#### Records shown ####

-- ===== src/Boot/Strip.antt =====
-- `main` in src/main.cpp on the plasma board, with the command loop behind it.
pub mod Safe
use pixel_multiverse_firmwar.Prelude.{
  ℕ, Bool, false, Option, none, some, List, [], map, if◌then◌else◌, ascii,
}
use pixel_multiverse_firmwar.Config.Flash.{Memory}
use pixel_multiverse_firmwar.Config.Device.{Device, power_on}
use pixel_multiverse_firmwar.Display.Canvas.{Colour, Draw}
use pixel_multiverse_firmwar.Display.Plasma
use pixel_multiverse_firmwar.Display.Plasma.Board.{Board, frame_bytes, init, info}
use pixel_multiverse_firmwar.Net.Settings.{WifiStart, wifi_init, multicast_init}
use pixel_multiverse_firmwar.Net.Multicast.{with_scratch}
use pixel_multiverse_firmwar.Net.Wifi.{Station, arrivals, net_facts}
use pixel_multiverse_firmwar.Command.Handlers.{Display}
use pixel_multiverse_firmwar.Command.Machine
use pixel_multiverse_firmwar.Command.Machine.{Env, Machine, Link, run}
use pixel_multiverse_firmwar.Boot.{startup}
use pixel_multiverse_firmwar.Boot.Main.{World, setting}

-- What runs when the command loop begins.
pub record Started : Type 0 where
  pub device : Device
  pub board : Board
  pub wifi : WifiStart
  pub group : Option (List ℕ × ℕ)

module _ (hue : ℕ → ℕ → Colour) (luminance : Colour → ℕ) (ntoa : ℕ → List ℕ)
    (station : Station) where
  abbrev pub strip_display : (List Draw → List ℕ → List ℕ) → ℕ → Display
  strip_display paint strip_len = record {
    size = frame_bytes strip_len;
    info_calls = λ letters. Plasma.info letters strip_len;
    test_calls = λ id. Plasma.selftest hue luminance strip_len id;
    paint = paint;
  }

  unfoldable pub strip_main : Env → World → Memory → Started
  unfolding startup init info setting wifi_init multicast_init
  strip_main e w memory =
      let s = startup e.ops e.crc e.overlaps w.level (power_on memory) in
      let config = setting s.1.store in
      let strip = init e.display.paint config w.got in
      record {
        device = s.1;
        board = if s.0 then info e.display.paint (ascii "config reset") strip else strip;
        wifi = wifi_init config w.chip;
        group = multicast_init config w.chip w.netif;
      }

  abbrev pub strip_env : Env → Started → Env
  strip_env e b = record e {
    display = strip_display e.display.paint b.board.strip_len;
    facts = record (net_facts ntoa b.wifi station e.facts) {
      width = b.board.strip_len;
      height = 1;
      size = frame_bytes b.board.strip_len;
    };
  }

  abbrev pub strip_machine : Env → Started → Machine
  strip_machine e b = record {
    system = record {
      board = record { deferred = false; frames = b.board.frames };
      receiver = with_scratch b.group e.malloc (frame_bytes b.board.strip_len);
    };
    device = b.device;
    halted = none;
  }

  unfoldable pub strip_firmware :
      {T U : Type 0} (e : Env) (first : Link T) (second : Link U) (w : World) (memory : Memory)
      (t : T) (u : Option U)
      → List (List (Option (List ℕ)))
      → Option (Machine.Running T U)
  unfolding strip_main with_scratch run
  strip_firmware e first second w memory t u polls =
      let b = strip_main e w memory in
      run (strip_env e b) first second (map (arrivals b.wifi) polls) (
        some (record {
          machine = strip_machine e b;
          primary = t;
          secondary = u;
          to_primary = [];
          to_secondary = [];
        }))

####

(About this task):
Which of the lines in the data contain the string "none"? Return each one.

(Reply to the exercise):
  ℕ, Bool, false, Option, none, some, List, [], map, if◌then◌else◌, ascii,
    halted = none;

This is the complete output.